Data items

'''

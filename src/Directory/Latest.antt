-- ===== src/Directory/Latest.antt =====
-- What a lookup finds after fetches.
use asl3_api.Prelude.{
  ℕ, String, Option, none, some, List, [], ◌∷◌, Dict, get, put, get-put, str_eq, if◌then◌else◌, ◌≡◌,
  refl, sym, ap, ◌∙◌, arith,
}
use asl3_api.Errors.{Result}
use asl3_api.Directory.{
  Entry, NodeCache, init, splitlines, read_line, add_line, read_lines, Answer, text_of, refresh,
  fetch, fetch_all, NodeInfo, info_of, lookup, enrich, enriched, entry_at, node_key,
}

abbrev pub or_else {ℓ} : {A : Type ℓ} → Option A → Option A → Option A
or_else (some a) o = some a
or_else none o = o

abbrev pub of_line : String → Option (String × Entry) → Option Entry
of_line node none = none
of_line node (some (n, e)) = if str_eq n node then some e else none

-- The entry of the last line that is for the node.
unfoldable pub last_for : String → List String → Option Entry
last_for node [] = none
last_for node (line ∷ lines) = or_else (last_for node lines) (of_line node (read_line line))

-- The text of the last fetch that brought one.
unfoldable pub last_text : List (Result Answer × ℕ) → Option String
last_text [] = none
last_text ((answer, now) ∷ rest) = or_else (last_text rest) (text_of answer)

read_lines-get :
    (node : String) (lines : List String) (cache : Dict Entry)
    → get (read_lines lines cache) node ≡ or_else (last_for node lines) (get cache node)
unfolding read_lines last_for
read_lines-get node [] cache = refl
read_lines-get node (line ∷ lines) cache =
    read_lines-get node lines (add_line (read_line line) cache)
    ∙ added (last_for node lines) (read_line line)
  where
    added :
        (o : Option Entry) (l : Option (String × Entry))
        → or_else o (get (add_line l cache) node)
          ≡ or_else (or_else o (of_line node l)) (get cache node)
    added (some e) l = refl
    added none none = refl
    added none (some (n, e)) = ground (arith, get-put cache n node e)

abbrev pub entry_in : String → Option String → Option Entry
entry_in node none = none
entry_in node (some text) = last_for node (splitlines text)

abbrev cache_of : Dict Entry → Option String → Dict Entry
cache_of cache none = cache
cache_of cache (some text) = read_lines (splitlines text) []

fetched_cache :
    (answers : List (Result Answer × ℕ)) (c : NodeCache)
    → (fetch_all answers c).cache ≡ cache_of c.cache (last_text answers)
unfolding fetch_all fetch last_text
fetched_cache [] c = refl
fetched_cache ((answer, now) ∷ rest) c =
    fetched_cache rest (refresh (text_of answer) now c)
    ∙ refreshed (last_text rest) (text_of answer)
  where
    refreshed :
        (o t : Option String) → cache_of (refresh t now c).cache o ≡ cache_of c.cache (or_else o t)
    refreshed (some text) t = refl
    refreshed none none = refl
    refreshed none (some text) = refl

-- After any fetches, a lookup finds what the last line for the node says, in the text of the last
-- fetch that brought one; the fetches that failed change nothing.
pub lookup-fetch_all :
    (answers : List (Result Answer × ℕ)) (node : String)
    → lookup (fetch_all answers init) node ≡ info_of node (entry_in node (last_text answers))
unfolding lookup
lookup-fetch_all answers node =
    ap (λ cache. info_of node (get cache node)) (fetched_cache answers init)
    ∙ ap (info_of node) (found (last_text answers))
  where
    unfold_found : (t : Option Entry) → or_else t none ≡ t
    unfold_found none = refl
    unfold_found (some e) = refl

    found : (o : Option String) → get (cache_of [] o) node ≡ entry_in node o
    found none = unfold get in refl
    found (some text) =
        read_lines-get node (splitlines text) []
        ∙ unfold get in unfold_found (last_for node (splitlines text))

enriched-get :
    (d : Dict (Option String)) (info : NodeInfo) (key : String)
    → get (enriched d info) key ≡ (
        if str_eq "location" key
        then some info.location
        else if str_eq "description" key
        then some info.description
        else if str_eq "callsign" key
        then some info.callsign
        else get d key)
enriched-get d info key =
    rw
      (
        get-put (put (put d "callsign" info.callsign) "description" info.description) "location" key
            info.location,
        get-put (put d "callsign" info.callsign) "description" key info.description,
        get-put d "callsign" key info.callsign,
      )
      refl

-- The fields do not depend on the name that the answer of a lookup has.
info_of-fields :
    (node : String) (o : Option Entry) → info_of node o ≡ record (info_of "" o) { node = node }
info_of-fields node none = refl
info_of-fields node (some e) = refl

-- A node dict that has a text for "node" gets the three fields of that node's lookup, and keeps its
-- other fields.
pub enrich-lookup :
    (c : NodeCache) (d : Dict (Option String)) (node key : String)
    → get d "node" ≡ some (some node)
    → get (enrich c d) key ≡ (
        if str_eq "location" key
        then some (lookup c node).location
        else if str_eq "description" key
        then some (lookup c node).description
        else if str_eq "callsign" key
        then some (lookup c node).callsign
        else get d key)
unfolding enrich lookup
enrich-lookup c d node key e =
    let info = info_of "" (entry_at c (node_key (get d "node"))) in
    let same : info_of node (get c.cache node) ≡ record info { node = node } =
      info_of-fields node (get c.cache node)
      ∙ ap (λ o. record (info_of "" (entry_at c (node_key o))) { node = node }) (sym e) in
    enriched-get d info key
    ∙ ap
        (λ (i : NodeInfo).
          if str_eq "location" key
          then some i.location
          else if str_eq "description" key
          then some i.description
          else if str_eq "callsign" key
          then some i.callsign
          else get d key)
        (sym same)
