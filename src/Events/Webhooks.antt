-- ===== src/Events/Webhooks.antt =====
-- `EventHandler` of event_handler.py. Its `event_listener` is None, since nothing assigns it, so the
-- broadcasts of the callbacks are left out. `posted` is a history: the webhooks that were attempted,
-- and what the endpoint answers, or raises, changes nothing.
use asl3_api.Prelude.{
  String, Bool, true, false, not, ◌&&◌, ◌||◌, List, [], ◌∷◌, ◌++◌, map, str_eq, if◌then◌else◌,
}
use asl3_api.Errors.{Result, ok, err}
use asl3_api.Models.{NodeState, DirectLink}
use asl3_api.Legacy.Client.{get_connected_nodes, link_mode_text}
use asl3_api.Events.{to_set, minus}
use asl3_api.Events.Listener.{nodes_of}

-- `event_type`, with the `data` of the payload.
pub data Webhook : Type 0 where
  node_connected : (node mode : String) → Webhook
  node_disconnected : String → Webhook

pub record Handler : Type 0 where
  pub has_session : Bool
  pub known_nodes : List String
  pub posted : List Webhook

abbrev pub init : Handler
init = record { has_session = false; known_nodes = []; posted = [] }

-- The mode of the first link of the node.
abbrev pub mode_of : String → List DirectLink → String
mode_of node [] = ""
mode_of node (link ∷ links) =
    let rest = mode_of node links in
    if str_eq link.node node then link_mode_text link.mode else rest

module _ (webhooks_enabled : Bool) where
  -- `start`, for whether `webhooks.url` is empty.
  abbrev pub start : (no_url : Bool) → Handler → Handler
  start no_url h = if webhooks_enabled && not no_url then record h { has_session = true } else h

  abbrev pub stop : Handler → Handler
  stop h = record h { has_session = false }

  abbrev pub send_webhook : Webhook → Handler → Handler
  send_webhook webhook h =
      if not webhooks_enabled || not h.has_session
      then h
      else record h { posted = h.posted ++ webhook ∷ [] }

  unfoldable pub send_all : List Webhook → Handler → Handler
  send_all [] h = h
  send_all (w ∷ ws) h = send_all ws (send_webhook w h)

  -- `arrange` is the order in which Python iterates over a set.
  module _ (arrange : List String → List String) where
    abbrev pub connects : List DirectLink → List String → List Webhook
    connects links known =
        map (λ node. node_connected node (mode_of node links))
          (arrange (minus (to_set (nodes_of links)) known))

    abbrev pub disconnects : List DirectLink → List String → List Webhook
    disconnects links known =
        map node_disconnected (arrange (minus known (to_set (nodes_of links))))

    abbrev pub notice : List DirectLink → Handler → Handler
    notice links h =
        record (send_all (disconnects links h.known_nodes)
          (send_all (connects links h.known_nodes) h)) { known_nodes = to_set (nodes_of links) }

    abbrev pub noticed : Result (List DirectLink) → Handler → Handler
    noticed (ok links) h = notice links h
    noticed (err e) h = h

    -- `_check_node_changes`, for what the observer's snapshot returns or raises.
    unfoldable pub check_node_changes : Result NodeState → Handler → Handler
    check_node_changes snapshot h = noticed (get_connected_nodes snapshot) h

    -- The rounds of `monitoring_loop`.
    unfoldable pub monitor : List (Result NodeState) → Handler → Handler
    unfolding check_node_changes
    monitor [] h = h
    monitor (snapshot ∷ snapshots) h = monitor snapshots (check_node_changes snapshot h)
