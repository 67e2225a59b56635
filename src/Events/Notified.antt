-- ===== src/Events/Notified.antt =====
-- What the endpoint of the webhooks is told.
use asl3_api.Prelude.{
  String, true, Option, none, some, if◌then◌else◌, Bool-cases, inl, inr, List, [], ◌∷◌, ◌++◌, map,
  ◌≡◌, refl, sym, ap, ◌∙◌, append_nil, snoc-append, subst,
}
use asl3_api.Errors.{Result, ok, err, type_error, or_raise}
use asl3_api.Models.{NodeState, DirectLink}
use asl3_api.Legacy.Client.{get_connected_nodes}
use asl3_api.Events.{IsSame, has-to_set, to_set, minus, after, after-IsSame, with_all, without_all}
use asl3_api.Events.Listener.{nodes_of}
use asl3_api.Events.Webhooks.{
  Webhook, node_connected, node_disconnected, Handler, send_all, mode_of, connects, disconnects,
  notice, noticed, check_node_changes, monitor,
}

-- The nodes that the webhooks leave connected.
abbrev pub see : Webhook → List String → List String
see (node_connected node mode) vs = node ∷ vs
see (node_disconnected node) vs = minus vs (node ∷ [])

unfoldable pub replay : List Webhook → List String → List String
replay [] vs = vs
replay (w ∷ ws) vs = replay ws (see w vs)

replay-append :
    (xs ys : List Webhook) (vs : List String) → replay (xs ++ ys) vs ≡ replay ys (replay xs vs)
unfolding replay
replay-append [] ys vs = refl
replay-append (x ∷ xs) ys vs = replay-append xs ys (see x vs)

send_all-posted :
    (ws : List Webhook) (known : List String) (posted : List Webhook)
    → send_all true ws (record { has_session = true; known_nodes = known; posted = posted })
      ≡ record { has_session = true; known_nodes = known; posted = posted ++ ws }
unfolding send_all
send_all-posted [] known posted =
    ap (λ l. record { has_session = true; known_nodes = known; posted = l })
      (sym (append_nil posted))
send_all-posted (w ∷ ws) known posted =
    send_all-posted ws known (posted ++ w ∷ [])
    ∙ ap (λ l. record { has_session = true; known_nodes = known; posted = l })
        (snoc-append posted w ws)

replay-connects :
    (mode : String → String) (ns vs : List String)
    → replay (map (λ n. node_connected n (mode n)) ns) vs ≡ with_all ns vs
unfolding replay
replay-connects mode [] vs = refl
replay-connects mode (n ∷ ns) vs = replay-connects mode ns (n ∷ vs)

replay-disconnects :
    (ns vs : List String) → replay (map node_disconnected ns) vs ≡ without_all ns vs
unfolding replay
replay-disconnects [] vs = refl
replay-disconnects (n ∷ ns) vs = replay-disconnects ns (minus vs (n ∷ []))

-- The nodes of the last snapshot that is complete, or those before.
abbrev pub linked : Option (List DirectLink) → List String → List String
linked none known = known
linked (some links) known = nodes_of links

abbrev pub shown : Result NodeState → List String → List String
shown (err e) known = known
shown (ok state) known = if state.is_complete then linked state.direct_links known else known

unfoldable pub latest : List (Result NodeState) → List String → List String
latest [] known = known
latest (s ∷ ss) known = latest ss (shown s known)

shown-IsSame :
    (s : Result NodeState) (known other : List String)
    → IsSame known other
    → IsSame (shown s known) (shown s other)
shown-IsSame (err e) known other same = same
shown-IsSame (ok state) known other same = elim (Bool-cases state.is_complete) [
  | inr partial ↦ rw partial same
  | inl whole ↦ rw whole (by_links state.direct_links)
]
  where
    by_links : (links : Option (List DirectLink)) → IsSame (linked links known) (linked links other)
    by_links none = same
    by_links (some links) = λ n. refl

-- What was posted leaves the nodes that the handler knows.
pub record IsTold (h : Handler) : Type 0 where
  pub session : h.has_session ≡ true
  pub told : IsSame (replay h.posted []) h.known_nodes

module _ (arrange : List String → List String)
    (arranged : (ns : List String) → IsSame (arrange ns) ns) where
  notice_open :
      (links : List DirectLink) (known : List String) (posted : List Webhook)
      → IsSame (replay posted []) known
      → IsTold (
          notice true arrange links
            (record { has_session = true; known_nodes = known; posted = posted }))
  unfolding after
  notice_open links known posted same =
      let current = to_set (nodes_of links) in
      let on = connects true arrange links known in
      let off = disconnects true arrange links known in
      let sent =
        ap (send_all true off) (send_all-posted on known posted)
        ∙ send_all-posted off known (posted ++ on) in
      let seen : replay ((posted ++ on) ++ off) []
          ≡ after arrange current known (replay posted []) =
        replay-append (posted ++ on) off []
        ∙ ap (replay off) (replay-append posted on [] ∙ replay-connects (λ n. mode_of n links) _ _)
        ∙ replay-disconnects _ _ in
      subst (λ (g : Handler). IsTold (record g { known_nodes = current })) (sym sent)
        (record {
          session = refl;
          told =
              subst (λ vs. IsSame vs current) (sym seen)
                (after-IsSame arrange arranged current known _ same);
        })

  notice-IsTold :
      (links : List DirectLink) (h : Handler) → IsTold h → IsTold (notice true arrange links h)
  notice-IsTold links h t =
      subst (λ g. IsTold (notice true arrange links g))
        (ap (λ b. record { has_session = b; known_nodes = h.known_nodes; posted = h.posted })
          (sym t.session))
        (notice_open links h.known_nodes h.posted t.told)

  check-IsTold :
      (snapshot : Result NodeState) (h : Handler)
      → IsTold h
      → IsTold (check_node_changes true arrange snapshot h)
  unfolding check_node_changes
  check-IsTold snapshot h t = by_result (get_connected_nodes snapshot)
    where
      by_result : (r : Result (List DirectLink)) → IsTold (noticed true arrange r h)
      by_result (ok links) = notice-IsTold links h t
      by_result (err e) = t

  notice-known :
      (links : List DirectLink) (h : Handler)
      → IsSame (notice true arrange links h).known_nodes (nodes_of links)
  notice-known links h n = has-to_set n (nodes_of links)

  check-known :
      (snapshot : Result NodeState) (h : Handler)
      → IsSame
          (check_node_changes true arrange snapshot h).known_nodes
          (shown snapshot h.known_nodes)
  unfolding check_node_changes get_connected_nodes
  check-known (err e) h = λ n. refl
  check-known (ok state) h = elim (Bool-cases state.is_complete) [
    | inr partial ↦ rw partial (λ n. refl)
    | inl whole ↦ rw whole (by_links state.direct_links)
  ]
    where
      by_links :
          (links : Option (List DirectLink))
          → IsSame
              (noticed true arrange
                (or_raise links (type_error "'NoneType' object is not iterable"))
                h).known_nodes
              (linked links h.known_nodes)
      by_links none = λ n. refl
      by_links (some links) = notice-known links h

  monitor-known :
      (snapshots : List (Result NodeState)) (h : Handler) (known : List String)
      → IsSame h.known_nodes known
      → IsSame (monitor true arrange snapshots h).known_nodes (latest snapshots known)
  unfolding monitor latest
  monitor-known [] h known same = same
  monitor-known (s ∷ ss) h known same =
      monitor-known ss (check_node_changes true arrange s h) (shown s known)
        λ n. check-known s h n ∙ shown-IsSame s h.known_nodes known same n

  monitor-IsTold :
      (snapshots : List (Result NodeState)) (h : Handler)
      → IsTold h
      → IsTold (monitor true arrange snapshots h)
  unfolding monitor
  monitor-IsTold [] h t = t
  monitor-IsTold (s ∷ ss) h t =
      monitor-IsTold ss (check_node_changes true arrange s h) (check-IsTold s h t)

  -- While webhooks are enabled, and the session is open, the webhooks that were attempted leave
  -- exactly the nodes of the last snapshot that is complete, or, if no snapshot was, the nodes that
  -- the handler knew at first, if they left those before. Python iterates over the members of a set,
  -- each at least once, in any order.
  pub monitor-latest :
      (snapshots : List (Result NodeState)) (h : Handler)
      → IsTold h
      → IsSame
          (replay (monitor true arrange snapshots h).posted [])
          (latest snapshots h.known_nodes)
  monitor-latest snapshots h t n =
      (monitor-IsTold snapshots h t).told n ∙ monitor-known snapshots h h.known_nodes (λ n. refl) n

'''

REQUIRED ACTION —
Copy all lines from the entries that contain the word "start".

TASK OUTPUT —
  -- `start`, for whether `webhooks.url` is empty.
  abbrev pub start : (no_url : Bool) → Handler → Handler
  start no_url h = if webhooks_enabled && not no_url then record h { has_session = true } else h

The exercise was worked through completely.